Trial of Chemoradiation and Pembrolizumab in Patients With Rectal Cancer
Status:
Withdrawn
Trial end date:
2020-12-01
Target enrollment:
Participant gender:
Summary
This is a phase II, prospective open label multi-center study in which subjects with stage
II-III rectal cancer will be accrued in order to determine the pathological complete response
rate of neoadjuvant pembrolizumab in combination with chemoradiation treatment (CRT).
Subjects must have a diagnosis of rectal cancer, stage II (T3-4, N0) or stage III (any T,
N1-2). Subjects must have received no prior treatments (chemotherapy, pelvic radiation or
surgery) for their rectal cancer.
Eligible subjects will receive standard chemoradiation with pembrolizumab administered every
3 weeks on days 1, 22, and 43 of the neoadjuvant interval. In all subjects, restaging
endorectal or pelvic MRI with chest and abdominal CT will be performed at 6-8 weeks after
completion of neoadjuvant treatment to determine resectability and to rule out any evidence
of metastases.

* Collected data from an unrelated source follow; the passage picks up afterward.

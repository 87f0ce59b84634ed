-- ===== src/Deck/Broker.antt =====
-- opencode-deck/opencode-deck/ocdeck/broker.py, class Broker: its requests, its presses and the loop of
-- `serve`; and device.py, `press` of DeviceLoop, which fills the queue of presses. Times are in
-- milliseconds.
pub mod Requests
pub mod Guards
pub mod Debounce
mod Tests
use home_ailab.Prelude.{
  ℕ, zero, suc, ◌+◌, String, Bool, true, false, not, ◌&&◌, ◌||◌, Option, none, some, List, [], ◌∷◌,
  ◌++◌, Result, ok, raise, ◌>>=◌, Error, Dict, lookup, insert, values, length, get_elem?, ltb, leb,
  ◌==◌, str_eq, if◌then◌else◌, ℤ, pos, negsuc,
}
use home_ailab.Deck.Agents.{Agent, Registry, Probe, Registration}
use home_ailab.Deck.Registry.{Snapshot, upsert, snapshot}
use home_ailab.Deck.Registry.Removing.{remove, sweep}
use home_ailab.Deck.Registry.Views.{View, view, resolve}

-- what a press says: the values that `view.get` finds
pub record Press : Type 0 where
  pub slot : Option ℤ
  pub generation : Option ℕ
  pub id : Option String

-- what `activate` returns
pub record Activation : Type 0 where
  pub success : Bool
  pub reason : String

-- `{**outcome, "id": ..., "synthetic": ..., "time": ...}`
pub record Focus : Type 0 where
  pub outcome : Activation
  pub id : String
  pub synthetic : Bool
  pub time : ℕ

pub record Broker : Type 0 where
  pub registry : Registry
  pub stopping : Bool
  pub presses : List Press
  pub last_focus : Option Focus
  pub last_press : Dict ℕ

pub data PressResult : Type 0 where
  stale debounced : PressResult
  focused : Focus → PressResult

-- what the machine answers at one time: the processes, the windows and the clocks
pub record Machine : Type 0 where
  pub probe : Probe
  pub activate : Agent → Activation
  pub now : ℕ
  pub time : ℕ

-- `now - last_press.get(id, -100) < .2`
abbrev pub is_debounced : ℕ → Option ℕ → Bool
is_debounced now none = false
is_debounced now (some last) = ltb now (last + 200)

abbrev pub new_focus : Machine → Agent → Bool → Focus
new_focus m a synthetic = record {
  outcome = m.activate a;
  id = a.id;
  synthetic = synthetic;
  time = m.time;
}

-- what a press finds before it writes anything: its answer, or the agent to activate
pub data Check : Type 0 where
  refused : PressResult → Check
  passed : Agent → Check

unfoldable pub check_agent : Machine → Option Agent → Broker → Check
check_agent m none b = refused stale
check_agent m (some a) b =
    if is_debounced m.now (lookup a.id b.last_press) then refused debounced else passed a

-- the first half of `handle_press`, which only reads
unfoldable pub check_press : Machine → Press → Broker → Result Check
unfolding check_agent
check_press m p b = do
  o ← resolve m.probe p.slot p.generation p.id b.registry
  ok (check_agent m o b)

-- the second half: the time of the press, the activation, and what came of it
unfoldable pub record_press : Machine → Bool → Agent → Broker → Broker × PressResult
record_press m synthetic a b = (
  record b {
    last_press = insert a.id m.now b.last_press;
    last_focus = some (new_focus m a synthetic);
  },
  focused (new_focus m a synthetic),
)

unfoldable pub finish_press : Machine → Bool → Check → Broker → Broker × PressResult
unfolding record_press
finish_press m synthetic (refused r) b = (b, r)
finish_press m synthetic (passed a) b = record_press m synthetic a b

-- A call that no other call comes between: `handle_press` holds no lock, and the loop of `serve` and
-- the threads of the server call it. Debounce takes the halves of several calls in any order.
unfoldable pub handle_press : Machine → Press → Bool → Broker → Result (Broker × PressResult)
unfolding check_press finish_press
handle_press m p synthetic b = do c ← check_press m p b; ok (finish_press m synthetic c b)

-- put_nowait on a queue of 64: a full queue drops the press
unfoldable pub put_press : Press → List Press → List Press
put_press p q = if ltb (length q) 64 then q ++ p ∷ [] else q

abbrev queued : Option (Option Press) → List Press → List Press
queued none q = q
queued (some none) q = q
queued (some (some p)) q = put_press p q

-- `press` of the device's loop, with the views that its keys show
unfoldable pub press_key : ℤ → Bool → List (Option Press) → Broker → Broker
unfolding put_press
press_key (negsuc n) state presented b = b
press_key (pos key) state presented b =
    if not state || not (ltb key 6)
    then b
    else record b { presses = queued (get_elem? presented key) b.presses }

-- the round's press, if the queue holds one; what it raises is logged
abbrev after_press : Broker → Result (Broker × PressResult) → Broker
after_press b (ok r) = r.0
after_press b (raise e) = b

abbrev take_press : Machine → List Press → Broker → Broker
take_press m [] b = b
take_press m (p ∷ ps) b =
    let popped : Broker = record b { presses = ps } in
    after_press popped (handle_press m p false popped)

abbrev swept : Machine → ℕ → Broker → Result (Broker × ℕ)
swept m next_sweep b =
    if leb next_sweep m.now
    then (do r ← sweep m.probe b.registry; ok (record b { registry = r }, m.now + 500))
    else ok (b, next_sweep)

-- a round of the loop of `serve`, with the time of the next sweep
unfoldable pub serve_round : Machine → ℕ → Broker → Result (Broker × ℕ)
unfolding handle_press sweep
serve_round m next_sweep b = do s ← swept m next_sweep b; ok (take_press m s.0.presses s.0, s.1)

Subjects who have resectable disease will undergo surgery within 2-4 weeks of
imaging; 8-12 weeks after completion of chemoradiation. Subjects who are found to have
unresectable or metastatic disease post treatment with the combination of CRT+ pembrolizumab
should receive standard of care definitive treatment per the discretion of their treating
physician.
Phase:
Phase 2
Details
Lead Sponsor:
Osama Rahma, MD
Collaborators:
Hoosier Cancer Research Network Merck Sharp & Dohme Corp.